- [WORK ORDER] Transcribe exactly the lines that fall between the one holding "if not (has_bit" and the one holding "element (c ∷ l) = let", inclusive, from the entries below.

- [Collected data]
################
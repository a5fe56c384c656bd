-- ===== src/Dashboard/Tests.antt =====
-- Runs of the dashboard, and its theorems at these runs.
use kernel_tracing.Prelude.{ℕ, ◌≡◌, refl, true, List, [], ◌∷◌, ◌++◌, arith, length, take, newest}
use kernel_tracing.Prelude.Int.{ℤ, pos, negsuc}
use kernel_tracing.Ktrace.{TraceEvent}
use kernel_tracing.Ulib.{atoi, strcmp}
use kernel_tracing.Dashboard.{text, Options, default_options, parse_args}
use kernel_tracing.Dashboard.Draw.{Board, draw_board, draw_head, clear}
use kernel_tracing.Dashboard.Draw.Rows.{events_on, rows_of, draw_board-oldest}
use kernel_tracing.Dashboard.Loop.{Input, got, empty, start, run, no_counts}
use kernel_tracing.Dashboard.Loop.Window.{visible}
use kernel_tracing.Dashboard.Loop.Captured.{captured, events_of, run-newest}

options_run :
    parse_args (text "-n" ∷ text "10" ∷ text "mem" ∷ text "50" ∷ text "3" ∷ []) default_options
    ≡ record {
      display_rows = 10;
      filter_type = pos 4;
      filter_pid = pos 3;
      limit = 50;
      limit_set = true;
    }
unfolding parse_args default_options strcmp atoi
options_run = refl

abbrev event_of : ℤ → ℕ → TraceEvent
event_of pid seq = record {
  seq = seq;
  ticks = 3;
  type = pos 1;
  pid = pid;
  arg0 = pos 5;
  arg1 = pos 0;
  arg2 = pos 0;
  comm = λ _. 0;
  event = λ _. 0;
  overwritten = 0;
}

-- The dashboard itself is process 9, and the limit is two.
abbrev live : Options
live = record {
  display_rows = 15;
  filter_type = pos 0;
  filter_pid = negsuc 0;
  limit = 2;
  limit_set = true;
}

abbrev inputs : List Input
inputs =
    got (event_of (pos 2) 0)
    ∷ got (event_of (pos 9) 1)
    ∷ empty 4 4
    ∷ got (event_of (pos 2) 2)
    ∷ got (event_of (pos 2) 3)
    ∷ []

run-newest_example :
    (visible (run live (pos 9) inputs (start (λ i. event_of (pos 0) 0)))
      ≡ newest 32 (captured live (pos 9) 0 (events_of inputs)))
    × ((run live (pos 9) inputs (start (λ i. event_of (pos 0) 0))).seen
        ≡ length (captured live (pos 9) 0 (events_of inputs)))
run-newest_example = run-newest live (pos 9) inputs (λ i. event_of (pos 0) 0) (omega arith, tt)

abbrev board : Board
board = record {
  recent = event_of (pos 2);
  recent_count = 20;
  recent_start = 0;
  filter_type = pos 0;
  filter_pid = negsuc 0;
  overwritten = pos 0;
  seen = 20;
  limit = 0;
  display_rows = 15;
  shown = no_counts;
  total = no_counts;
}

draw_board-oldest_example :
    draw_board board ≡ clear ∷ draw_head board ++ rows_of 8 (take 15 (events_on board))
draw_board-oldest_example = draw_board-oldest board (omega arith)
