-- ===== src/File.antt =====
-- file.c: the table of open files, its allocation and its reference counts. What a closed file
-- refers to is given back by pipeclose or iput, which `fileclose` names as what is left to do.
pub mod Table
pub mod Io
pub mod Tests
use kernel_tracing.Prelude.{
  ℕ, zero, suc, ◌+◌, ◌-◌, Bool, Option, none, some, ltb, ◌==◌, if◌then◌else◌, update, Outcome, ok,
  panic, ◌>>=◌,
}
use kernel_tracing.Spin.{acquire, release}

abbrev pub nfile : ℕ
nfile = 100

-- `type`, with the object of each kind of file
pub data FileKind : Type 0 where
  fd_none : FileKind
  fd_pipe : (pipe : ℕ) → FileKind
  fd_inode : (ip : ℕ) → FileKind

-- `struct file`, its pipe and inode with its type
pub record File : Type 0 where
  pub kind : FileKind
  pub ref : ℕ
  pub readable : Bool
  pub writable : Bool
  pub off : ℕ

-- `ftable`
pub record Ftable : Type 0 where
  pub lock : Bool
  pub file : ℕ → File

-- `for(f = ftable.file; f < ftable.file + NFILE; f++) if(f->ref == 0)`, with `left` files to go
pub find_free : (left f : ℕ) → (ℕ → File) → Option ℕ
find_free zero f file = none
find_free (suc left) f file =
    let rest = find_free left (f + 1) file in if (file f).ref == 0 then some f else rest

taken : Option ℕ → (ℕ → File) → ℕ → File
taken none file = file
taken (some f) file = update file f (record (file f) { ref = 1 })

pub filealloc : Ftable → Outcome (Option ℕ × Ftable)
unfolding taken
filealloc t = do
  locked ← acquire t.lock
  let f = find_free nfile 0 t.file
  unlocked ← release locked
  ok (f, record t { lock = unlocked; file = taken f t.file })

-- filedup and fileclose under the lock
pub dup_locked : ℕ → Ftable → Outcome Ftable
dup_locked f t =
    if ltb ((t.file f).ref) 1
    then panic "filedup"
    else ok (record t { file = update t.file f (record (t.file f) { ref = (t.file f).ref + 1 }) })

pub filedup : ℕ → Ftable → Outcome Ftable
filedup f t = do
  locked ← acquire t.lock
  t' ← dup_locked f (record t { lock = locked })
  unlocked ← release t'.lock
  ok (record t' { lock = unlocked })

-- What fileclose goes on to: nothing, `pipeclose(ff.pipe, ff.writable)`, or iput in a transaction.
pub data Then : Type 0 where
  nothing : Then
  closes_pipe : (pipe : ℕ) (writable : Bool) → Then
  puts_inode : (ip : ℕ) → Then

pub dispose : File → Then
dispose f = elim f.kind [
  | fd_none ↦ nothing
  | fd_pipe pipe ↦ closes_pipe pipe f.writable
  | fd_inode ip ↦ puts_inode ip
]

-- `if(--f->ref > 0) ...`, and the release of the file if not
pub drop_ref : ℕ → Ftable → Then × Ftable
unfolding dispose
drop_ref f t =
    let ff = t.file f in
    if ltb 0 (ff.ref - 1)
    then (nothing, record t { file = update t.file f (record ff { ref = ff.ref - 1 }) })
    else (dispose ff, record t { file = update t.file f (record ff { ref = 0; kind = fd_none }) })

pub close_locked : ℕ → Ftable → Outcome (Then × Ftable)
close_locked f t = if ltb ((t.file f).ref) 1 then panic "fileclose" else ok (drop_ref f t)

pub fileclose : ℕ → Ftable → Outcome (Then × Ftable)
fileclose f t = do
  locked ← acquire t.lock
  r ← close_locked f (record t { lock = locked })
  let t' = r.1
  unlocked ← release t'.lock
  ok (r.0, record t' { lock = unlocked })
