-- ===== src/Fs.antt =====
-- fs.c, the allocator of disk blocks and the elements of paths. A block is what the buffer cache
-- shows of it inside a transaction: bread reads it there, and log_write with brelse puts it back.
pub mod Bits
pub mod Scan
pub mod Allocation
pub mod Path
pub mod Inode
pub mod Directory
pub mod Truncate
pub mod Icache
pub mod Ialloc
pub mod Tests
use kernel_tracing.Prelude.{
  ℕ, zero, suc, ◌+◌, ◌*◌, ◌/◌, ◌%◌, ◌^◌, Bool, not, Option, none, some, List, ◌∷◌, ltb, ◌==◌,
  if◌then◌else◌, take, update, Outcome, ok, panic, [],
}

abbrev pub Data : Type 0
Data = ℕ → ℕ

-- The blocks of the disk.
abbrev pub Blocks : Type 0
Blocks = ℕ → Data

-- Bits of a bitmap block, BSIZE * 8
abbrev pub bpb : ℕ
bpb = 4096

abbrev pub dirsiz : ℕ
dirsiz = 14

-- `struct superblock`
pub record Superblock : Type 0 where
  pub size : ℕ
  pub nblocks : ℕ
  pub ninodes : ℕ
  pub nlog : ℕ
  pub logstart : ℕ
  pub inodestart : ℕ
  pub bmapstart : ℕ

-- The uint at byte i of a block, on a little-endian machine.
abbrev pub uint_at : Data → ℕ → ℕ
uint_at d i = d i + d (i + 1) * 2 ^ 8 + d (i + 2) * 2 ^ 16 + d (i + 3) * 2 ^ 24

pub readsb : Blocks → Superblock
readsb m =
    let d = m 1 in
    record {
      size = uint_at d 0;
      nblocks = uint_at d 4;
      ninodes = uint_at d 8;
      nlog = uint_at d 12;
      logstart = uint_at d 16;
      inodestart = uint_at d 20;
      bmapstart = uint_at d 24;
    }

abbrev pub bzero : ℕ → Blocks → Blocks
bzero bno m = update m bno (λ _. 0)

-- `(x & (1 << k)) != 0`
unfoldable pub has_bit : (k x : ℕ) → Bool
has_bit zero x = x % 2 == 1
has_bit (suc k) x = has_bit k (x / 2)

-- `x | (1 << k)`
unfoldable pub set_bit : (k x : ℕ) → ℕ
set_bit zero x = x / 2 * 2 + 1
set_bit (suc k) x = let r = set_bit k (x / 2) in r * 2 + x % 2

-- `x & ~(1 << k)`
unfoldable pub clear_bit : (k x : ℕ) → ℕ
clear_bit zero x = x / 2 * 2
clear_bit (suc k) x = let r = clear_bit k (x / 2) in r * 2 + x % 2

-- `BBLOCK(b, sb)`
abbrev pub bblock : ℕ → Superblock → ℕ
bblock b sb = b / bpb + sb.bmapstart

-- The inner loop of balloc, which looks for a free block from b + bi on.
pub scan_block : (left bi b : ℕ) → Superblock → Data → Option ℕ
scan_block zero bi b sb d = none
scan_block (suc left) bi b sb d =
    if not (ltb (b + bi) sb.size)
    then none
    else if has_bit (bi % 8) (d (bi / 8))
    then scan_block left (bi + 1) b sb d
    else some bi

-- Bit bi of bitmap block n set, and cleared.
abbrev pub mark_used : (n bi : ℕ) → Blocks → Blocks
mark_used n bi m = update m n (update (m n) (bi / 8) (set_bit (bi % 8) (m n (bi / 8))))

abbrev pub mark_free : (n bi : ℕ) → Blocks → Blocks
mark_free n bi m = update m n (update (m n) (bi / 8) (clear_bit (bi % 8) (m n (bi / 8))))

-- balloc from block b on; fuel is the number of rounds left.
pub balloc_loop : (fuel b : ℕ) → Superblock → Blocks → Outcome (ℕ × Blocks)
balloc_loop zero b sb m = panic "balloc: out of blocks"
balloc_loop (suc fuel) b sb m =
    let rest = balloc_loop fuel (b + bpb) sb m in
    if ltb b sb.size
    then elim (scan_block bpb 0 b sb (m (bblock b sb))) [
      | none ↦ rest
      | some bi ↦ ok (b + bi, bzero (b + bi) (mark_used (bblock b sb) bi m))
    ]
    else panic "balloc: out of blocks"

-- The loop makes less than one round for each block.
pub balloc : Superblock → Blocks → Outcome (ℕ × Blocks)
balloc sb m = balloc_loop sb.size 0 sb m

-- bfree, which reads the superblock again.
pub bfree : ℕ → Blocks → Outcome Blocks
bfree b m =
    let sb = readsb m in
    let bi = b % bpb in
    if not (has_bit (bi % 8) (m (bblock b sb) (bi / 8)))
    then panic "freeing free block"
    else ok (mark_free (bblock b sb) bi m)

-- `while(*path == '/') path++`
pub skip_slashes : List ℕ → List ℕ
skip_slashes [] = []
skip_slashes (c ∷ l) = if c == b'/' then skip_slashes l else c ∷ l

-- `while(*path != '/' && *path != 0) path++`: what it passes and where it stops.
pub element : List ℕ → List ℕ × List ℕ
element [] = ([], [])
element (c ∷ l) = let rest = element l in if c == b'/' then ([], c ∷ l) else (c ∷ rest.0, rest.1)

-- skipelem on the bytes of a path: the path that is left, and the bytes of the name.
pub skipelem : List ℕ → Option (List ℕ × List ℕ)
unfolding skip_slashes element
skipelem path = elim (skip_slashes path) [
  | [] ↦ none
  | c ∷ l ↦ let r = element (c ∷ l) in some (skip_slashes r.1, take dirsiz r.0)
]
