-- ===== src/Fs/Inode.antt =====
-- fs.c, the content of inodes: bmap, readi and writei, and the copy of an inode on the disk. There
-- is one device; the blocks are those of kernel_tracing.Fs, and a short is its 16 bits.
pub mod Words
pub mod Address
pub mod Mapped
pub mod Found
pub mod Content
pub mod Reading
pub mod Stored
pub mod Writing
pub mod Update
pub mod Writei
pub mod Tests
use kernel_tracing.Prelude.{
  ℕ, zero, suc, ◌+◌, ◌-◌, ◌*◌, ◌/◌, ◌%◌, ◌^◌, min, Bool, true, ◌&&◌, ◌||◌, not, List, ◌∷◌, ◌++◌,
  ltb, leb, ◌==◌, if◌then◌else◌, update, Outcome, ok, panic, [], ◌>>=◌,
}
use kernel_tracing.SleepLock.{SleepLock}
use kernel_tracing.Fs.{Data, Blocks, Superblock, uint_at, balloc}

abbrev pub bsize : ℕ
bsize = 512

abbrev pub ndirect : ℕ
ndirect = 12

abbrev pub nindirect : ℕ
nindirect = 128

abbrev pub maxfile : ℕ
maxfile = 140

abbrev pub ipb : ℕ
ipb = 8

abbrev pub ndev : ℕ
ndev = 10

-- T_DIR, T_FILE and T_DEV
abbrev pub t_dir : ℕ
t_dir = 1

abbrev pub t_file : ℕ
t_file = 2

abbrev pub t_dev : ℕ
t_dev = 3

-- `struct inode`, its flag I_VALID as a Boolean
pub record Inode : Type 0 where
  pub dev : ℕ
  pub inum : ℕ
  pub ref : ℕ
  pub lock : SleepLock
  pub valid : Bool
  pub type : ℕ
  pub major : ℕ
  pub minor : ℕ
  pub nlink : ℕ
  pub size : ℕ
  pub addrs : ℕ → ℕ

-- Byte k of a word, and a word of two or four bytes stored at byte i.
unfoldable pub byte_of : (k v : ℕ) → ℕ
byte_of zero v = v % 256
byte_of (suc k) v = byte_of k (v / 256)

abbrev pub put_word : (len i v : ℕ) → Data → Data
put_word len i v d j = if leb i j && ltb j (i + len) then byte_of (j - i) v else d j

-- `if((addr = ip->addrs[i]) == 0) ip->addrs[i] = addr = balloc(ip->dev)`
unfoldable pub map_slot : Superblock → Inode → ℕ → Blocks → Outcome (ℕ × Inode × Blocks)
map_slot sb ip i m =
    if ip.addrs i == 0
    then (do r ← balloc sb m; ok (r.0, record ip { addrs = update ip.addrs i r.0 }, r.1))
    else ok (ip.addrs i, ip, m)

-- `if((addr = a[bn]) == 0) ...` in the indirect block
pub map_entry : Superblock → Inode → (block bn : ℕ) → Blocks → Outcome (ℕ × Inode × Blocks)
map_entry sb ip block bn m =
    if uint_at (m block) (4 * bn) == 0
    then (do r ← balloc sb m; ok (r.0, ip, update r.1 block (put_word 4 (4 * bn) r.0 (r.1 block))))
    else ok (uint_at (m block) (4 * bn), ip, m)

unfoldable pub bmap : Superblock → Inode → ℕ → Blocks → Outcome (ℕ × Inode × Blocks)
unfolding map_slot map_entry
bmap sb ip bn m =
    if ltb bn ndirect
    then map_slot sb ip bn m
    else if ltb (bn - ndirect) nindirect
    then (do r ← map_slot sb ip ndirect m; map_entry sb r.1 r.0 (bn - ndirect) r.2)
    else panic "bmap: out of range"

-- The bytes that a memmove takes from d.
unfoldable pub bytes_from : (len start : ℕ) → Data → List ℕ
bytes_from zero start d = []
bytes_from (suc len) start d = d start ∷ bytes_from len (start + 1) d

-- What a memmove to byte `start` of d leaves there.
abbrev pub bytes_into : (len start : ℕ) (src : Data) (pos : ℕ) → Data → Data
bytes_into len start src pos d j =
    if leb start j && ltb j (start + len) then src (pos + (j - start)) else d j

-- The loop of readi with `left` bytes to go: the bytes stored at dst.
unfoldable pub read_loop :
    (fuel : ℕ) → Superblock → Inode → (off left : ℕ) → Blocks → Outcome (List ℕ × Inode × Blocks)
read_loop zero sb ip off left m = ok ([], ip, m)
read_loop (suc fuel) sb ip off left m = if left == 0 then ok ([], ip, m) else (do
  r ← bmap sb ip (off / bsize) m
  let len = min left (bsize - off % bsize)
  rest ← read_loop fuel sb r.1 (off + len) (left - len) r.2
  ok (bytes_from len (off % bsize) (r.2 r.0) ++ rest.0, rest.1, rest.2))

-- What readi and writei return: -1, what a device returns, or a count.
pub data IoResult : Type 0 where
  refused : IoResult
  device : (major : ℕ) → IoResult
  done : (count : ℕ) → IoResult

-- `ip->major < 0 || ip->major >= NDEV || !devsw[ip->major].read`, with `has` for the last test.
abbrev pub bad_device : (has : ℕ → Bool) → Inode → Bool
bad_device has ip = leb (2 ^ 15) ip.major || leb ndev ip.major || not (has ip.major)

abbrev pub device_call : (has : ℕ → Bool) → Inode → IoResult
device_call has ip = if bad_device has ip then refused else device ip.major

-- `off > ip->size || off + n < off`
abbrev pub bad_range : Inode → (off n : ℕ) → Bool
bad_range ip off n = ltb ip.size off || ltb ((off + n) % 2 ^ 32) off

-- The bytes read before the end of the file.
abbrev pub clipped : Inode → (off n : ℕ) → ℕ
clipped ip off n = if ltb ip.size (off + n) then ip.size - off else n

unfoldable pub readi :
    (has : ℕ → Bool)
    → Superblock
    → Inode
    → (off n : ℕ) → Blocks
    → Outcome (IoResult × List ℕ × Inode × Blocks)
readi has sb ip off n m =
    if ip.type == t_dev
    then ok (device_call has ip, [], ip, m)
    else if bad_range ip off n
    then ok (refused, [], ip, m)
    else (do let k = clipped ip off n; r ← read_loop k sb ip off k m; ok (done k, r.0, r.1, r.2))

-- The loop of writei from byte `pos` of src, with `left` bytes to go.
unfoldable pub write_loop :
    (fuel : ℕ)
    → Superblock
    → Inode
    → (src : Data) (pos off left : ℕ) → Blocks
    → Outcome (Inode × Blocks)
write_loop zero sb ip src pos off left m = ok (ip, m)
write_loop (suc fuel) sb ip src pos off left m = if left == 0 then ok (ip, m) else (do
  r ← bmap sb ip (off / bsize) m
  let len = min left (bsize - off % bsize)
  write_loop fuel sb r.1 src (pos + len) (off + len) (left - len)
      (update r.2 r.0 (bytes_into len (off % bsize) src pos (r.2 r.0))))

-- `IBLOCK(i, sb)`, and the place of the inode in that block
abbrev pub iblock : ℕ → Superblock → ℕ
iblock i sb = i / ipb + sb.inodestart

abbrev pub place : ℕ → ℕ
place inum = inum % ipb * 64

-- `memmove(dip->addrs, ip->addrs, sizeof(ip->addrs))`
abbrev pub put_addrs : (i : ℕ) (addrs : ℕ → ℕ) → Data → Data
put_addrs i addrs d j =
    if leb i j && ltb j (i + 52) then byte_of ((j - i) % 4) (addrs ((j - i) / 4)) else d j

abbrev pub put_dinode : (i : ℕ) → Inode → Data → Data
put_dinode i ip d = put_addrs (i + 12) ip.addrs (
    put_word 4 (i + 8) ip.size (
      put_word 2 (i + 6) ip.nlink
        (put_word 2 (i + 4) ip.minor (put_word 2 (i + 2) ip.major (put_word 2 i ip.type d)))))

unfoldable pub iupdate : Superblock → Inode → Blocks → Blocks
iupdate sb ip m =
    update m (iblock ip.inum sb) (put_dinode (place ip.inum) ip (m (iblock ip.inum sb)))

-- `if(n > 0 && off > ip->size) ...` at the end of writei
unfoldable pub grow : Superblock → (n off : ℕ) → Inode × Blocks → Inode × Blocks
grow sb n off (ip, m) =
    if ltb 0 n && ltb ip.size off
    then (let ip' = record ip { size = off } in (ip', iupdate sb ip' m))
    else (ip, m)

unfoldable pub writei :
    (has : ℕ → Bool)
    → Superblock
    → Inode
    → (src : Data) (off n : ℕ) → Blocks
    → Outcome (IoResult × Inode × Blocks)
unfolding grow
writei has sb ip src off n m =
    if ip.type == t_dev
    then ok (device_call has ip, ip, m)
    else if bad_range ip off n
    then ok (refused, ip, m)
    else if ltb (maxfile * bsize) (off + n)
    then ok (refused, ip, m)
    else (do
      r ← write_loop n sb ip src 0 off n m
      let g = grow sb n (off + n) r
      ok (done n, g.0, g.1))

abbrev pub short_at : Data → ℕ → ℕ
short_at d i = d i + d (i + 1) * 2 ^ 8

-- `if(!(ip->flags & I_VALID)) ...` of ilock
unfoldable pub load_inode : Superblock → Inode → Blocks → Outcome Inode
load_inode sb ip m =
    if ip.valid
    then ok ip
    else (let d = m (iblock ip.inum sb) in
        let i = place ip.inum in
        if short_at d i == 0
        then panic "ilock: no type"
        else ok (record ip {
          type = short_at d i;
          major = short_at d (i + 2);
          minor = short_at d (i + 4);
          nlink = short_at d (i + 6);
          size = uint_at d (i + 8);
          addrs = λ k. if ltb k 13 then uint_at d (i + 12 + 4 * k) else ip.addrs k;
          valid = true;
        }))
################
- [RESPONSE TO THE EXERCISE]
    if not (has_bit (bi % 8) (m (bblock b sb) (bi / 8)))
    then panic "freeing free block"
    else ok (mark_free (bblock b sb) bi m)

-- `while(*path == '/') path++`
pub skip_slashes : List ℕ → List ℕ
skip_slashes [] = []
skip_slashes (c ∷ l) = if c == b'/' then skip_slashes l else c ∷ l

-- `while(*path != '/' && *path != 0) path++`: what it passes and where it stops.
pub element : List ℕ → List ℕ × List ℕ
element [] = ([], [])
element (c ∷ l) = let rest = element l in if c == b'/' then ([], c ∷ l) else (c ∷ rest.0, rest.1)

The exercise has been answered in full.